— Exercise —
Starting at the top of the entries below, print each line exactly until the line with "pub sink : Sink hi v" has been printed too.

— Data supplied —
-- ===== src/Reassembler/Flush.antt =====
-- The second loop of Reassembler::insert in src/reassembler.cc: nodes that the stream has reached.
use networkinglab.Base.{
  ℕ, suc, ◌+◌, ◌-◌, ◌*◌, ◌≤◌, ◌<◌, max, ◌≡◌, inl, inr, refl, ap, ◌∙◌, ◌||◌, List, [], ◌∷◌, ◌++◌,
  leb, ltb, length, drop, take_of_length-le, length-drop, sub64, sub64-eq, u64_mod, arith,
  Bool-cases, leb→le, leb→gt, gt→leb,
}
use networkinglab.Stream.{ByteStream, push}
use networkinglab.Stream.Invariant.{contents, IsValid, Pushed, push-Pushed}
use networkinglab.Reassembler.{Substring, flush}
use networkinglab.Reassembler.Layout.{
  finish, Ordered, total, covers, AllAgree, Agrees, Agrees-drop, Agrees-at, Agrees-append,
}

-- A valid stream that accepts the bytes below index `hi`.
pub record Sink (hi : ℕ) (w : ByteStream) : Type 0 where
  pub valid : IsValid w
  pub limit : hi ≡ w.bytes_popped + w.capacity
  pub word : hi * 2 < u64_mod

-- `v` is `w` with more bytes in it.
pub record Grown (w v : ByteStream) : Type 0 where
  pub same_popped : v.bytes_popped ≡ w.bytes_popped
  pub same_capacity : v.capacity ≡ w.capacity
  pub same_closed : v.is_closed ≡ w.is_closed
  pub same_error : v.has_error ≡ w.has_error
  pub grows : w.bytes_pushed ≤ v.bytes_pushed

-- The waiting bytes are those of the whole stream from the popped ones on.
abbrev pub Carries : (ℕ → ℕ) → ByteStream → Type 0
Carries whole w = Agrees whole w.bytes_popped (contents w)

-- What a node that begins at or before the next byte does to the stream.
pub record Reached (hi : ℕ) (n : Substring) (w v : ByteStream) : Type 0 where
  pub sink : Sink hi v
  pub grown : Grown w v
  pub pushed : v.bytes_pushed ≡ max w.bytes_pushed (finish n)
  pub carries : (whole : ℕ → ℕ) → Agrees whole n.start n.bytes → Carries whole w → Carries whole v

pub push-Reached :
    (hi : ℕ) (n : Substring) (w : ByteStream)
    → Sink hi w
    → n.start ≤ w.bytes_pushed
    → finish n ≤ hi
    → Reached hi n w (push w (drop (sub64 w.bytes_pushed n.start) n.bytes))
push-Reached hi n w s early fits = rw past record {
  sink = record {
    valid = p.valid;
    limit = omega (arith, s.limit, p.same_popped, p.same_capacity);
    word = s.word;
  };
  grown = record {
    same_popped = p.same_popped;
    same_capacity = p.same_capacity;
    same_closed = p.same_closed;
    same_error = p.same_error;
    grows = omega (arith, p.pushed);
  };
  pushed = omega (arith, p.pushed, size);
  carries = λ whole a c.
      rw (p.same_popped, appended)
        (Agrees-append whole w.bytes_popped (contents w) fresh c (
          Agrees-at whole (n.start + (w.bytes_pushed - n.start))
            (w.bytes_popped + length (contents w)) fresh (omega (arith, v.counted, v.total))
            (Agrees-drop whole (w.bytes_pushed - n.start) n.start n.bytes a)));
}
  where
    open s use {valid as v}

    fresh : List ℕ
    fresh = drop (w.bytes_pushed - n.start) n.bytes

    size : length fresh ≡ length n.bytes - (w.bytes_pushed - n.start)
    size = length-drop (w.bytes_pushed - n.start) n.bytes

    past : sub64 w.bytes_pushed n.start ≡ w.bytes_pushed - n.start
    past =
        sub64-eq w.bytes_pushed n.start early (omega (arith, v.total, v.bounded, s.limit, s.word))

    p : Pushed w (push w fresh) fresh
    p = push-Pushed w fresh v (omega (arith, s.limit, s.word))

    appended : contents (push w fresh) ≡ contents w ++ fresh
    appended =
        p.appended
        ∙ ap (λ t. contents w ++ t)
            (take_of_length-le (w.capacity - w.bytes_buffered) fresh
              (omega (arith, size, v.total, s.limit)))

pub Grown-refl : (w : ByteStream) → Grown w w
Grown-refl w = record {
  same_popped = refl;
  same_capacity = refl;
  same_closed = refl;
  same_error = refl;
  grows = omega arith;
}

pub Grown-trans : {u v w : ByteStream} → Grown u v → Grown v w → Grown u w
Grown-trans g h = record {
  same_popped = h.same_popped ∙ g.same_popped;
  same_capacity = h.same_capacity ∙ g.same_capacity;
  same_closed = h.same_closed ∙ g.same_closed;
  same_error = h.same_error ∙ g.same_error;
  grows = omega arith;
}

-- What the second loop makes of the nodes `ns` and the stream `w`.
pub record Flushed (hi : ℕ) (ns : List Substring) (w : ByteStream)
    (r : List Substring × ℕ × ByteStream) : Type 0 where
  pub ordered : Ordered (suc r.2.bytes_pushed) hi r.0
  pub counted : r.1 ≡ total r.0
  pub sink : Sink hi r.2
  pub grown : Grown w r.2
  pub covered :
      (i : ℕ) → (ltb i r.2.bytes_pushed || covers i r.0) ≡ (ltb i w.bytes_pushed || covers i ns)
  pub agrees :
      (whole : ℕ → ℕ) → AllAgree whole ns → Carries whole w → AllAgree whole r.0 × Carries whole r.2

-- Nodes behind the next byte stay.
flush_later :
    (hi : ℕ) (ns : List Substring) (lo nb : ℕ) (w : ByteStream)
    → Ordered lo hi ns
    → w.bytes_pushed < lo
    → flush ns nb w ≡ (ns, nb, w)
unfolding flush
flush_later hi [] lo nb w o h = refl
flush_later hi (n ∷ ns) lo nb w o h =
    rw (gt→leb n.start w.bytes_pushed (omega arith))
      (rw (flush_later hi ns (finish n) nb w o.3 (omega arith)))

-- A node within reach, and then the rest of the loop.
due-Flushed :
    {hi : ℕ} {n : Substring} {ns : List Substring} {w v : ByteStream}
    {r : List Substring × ℕ × ByteStream}
    → n.start ≤ w.bytes_pushed
    → Reached hi n w v
    → Flushed hi ns v r
    → Flushed hi (n ∷ ns) w r
due-Flushed h p f = record {
  ordered = f.ordered;
  counted = f.counted;
  sink = f.sink;
  grown = Grown-trans p.grown f.grown;
  covered = λ i. ground (arith, f.covered i, p.pushed);
  agrees = λ whole a c. f.agrees whole a.1 (p.carries whole a.0 c);
}

pub flush-Flushed :
    (hi : ℕ) (ns : List Substring) (lo nb : ℕ) (w : ByteStream)
    → Ordered lo hi ns
    → nb ≡ total ns
    → nb < u64_mod
    → Sink hi w
    → Flushed hi ns w (flush ns nb w)
unfolding flush
flush-Flushed hi [] lo nb w o e b s = record {
  ordered = tt;
  counted = e;
  sink = s;
  grown = Grown-refl w;
  covered = λ i. refl;
  agrees = λ whole a c. (a, c);
}
flush-Flushed hi (n ∷ ns) lo nb w o e b s = elim (Bool-cases (leb n.start w.bytes_pushed)) [
  | inl c ↦
      let p = push-Reached hi n w s (leb→le _ _ c) o.2 in
      rw (c, sub64-eq nb (length n.bytes) (omega arith) b)
        (due-Flushed (leb→le _ _ c) p (
          flush-Flushed hi ns (finish n) (nb - length n.bytes)
            (push w (drop (sub64 w.bytes_pushed n.start) n.bytes)) o.3 (omega arith) (omega arith)
            p.sink))
  | inr c ↦ rw c (
      rw (flush_later hi ns (finish n) nb w o.3 (omega (arith, leb→gt _ _ c))) record {
        ordered = (leb→gt _ _ c, o.1, o.2, o.3);
        counted = e;
        sink = s;
        grown = Grown-refl w;
        covered = λ i. refl;
        agrees = λ whole a c. (a, c);
      })
]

— Task answer —
-- ===== src/Reassembler/Flush.antt =====
-- The second loop of Reassembler::insert in src/reassembler.cc: nodes that the stream has reached.
use networkinglab.Base.{
  ℕ, suc, ◌+◌, ◌-◌, ◌*◌, ◌≤◌, ◌<◌, max, ◌≡◌, inl, inr, refl, ap, ◌∙◌, ◌||◌, List, [], ◌∷◌, ◌++◌,
  leb, ltb, length, drop, take_of_length-le, length-drop, sub64, sub64-eq, u64_mod, arith,
  Bool-cases, leb→le, leb→gt, gt→leb,
}
use networkinglab.Stream.{ByteStream, push}
use networkinglab.Stream.Invariant.{contents, IsValid, Pushed, push-Pushed}
use networkinglab.Reassembler.{Substring, flush}
use networkinglab.Reassembler.Layout.{
  finish, Ordered, total, covers, AllAgree, Agrees, Agrees-drop, Agrees-at, Agrees-append,
}

-- A valid stream that accepts the bytes below index `hi`.
pub record Sink (hi : ℕ) (w : ByteStream) : Type 0 where
  pub valid : IsValid w
  pub limit : hi ≡ w.bytes_popped + w.capacity
  pub word : hi * 2 < u64_mod

-- `v` is `w` with more bytes in it.
pub record Grown (w v : ByteStream) : Type 0 where
  pub same_popped : v.bytes_popped ≡ w.bytes_popped
  pub same_capacity : v.capacity ≡ w.capacity
  pub same_closed : v.is_closed ≡ w.is_closed
  pub same_error : v.has_error ≡ w.has_error
  pub grows : w.bytes_pushed ≤ v.bytes_pushed

-- The waiting bytes are those of the whole stream from the popped ones on.
abbrev pub Carries : (ℕ → ℕ) → ByteStream → Type 0
Carries whole w = Agrees whole w.bytes_popped (contents w)

-- What a node that begins at or before the next byte does to the stream.
pub record Reached (hi : ℕ) (n : Substring) (w v : ByteStream) : Type 0 where
  pub sink : Sink hi v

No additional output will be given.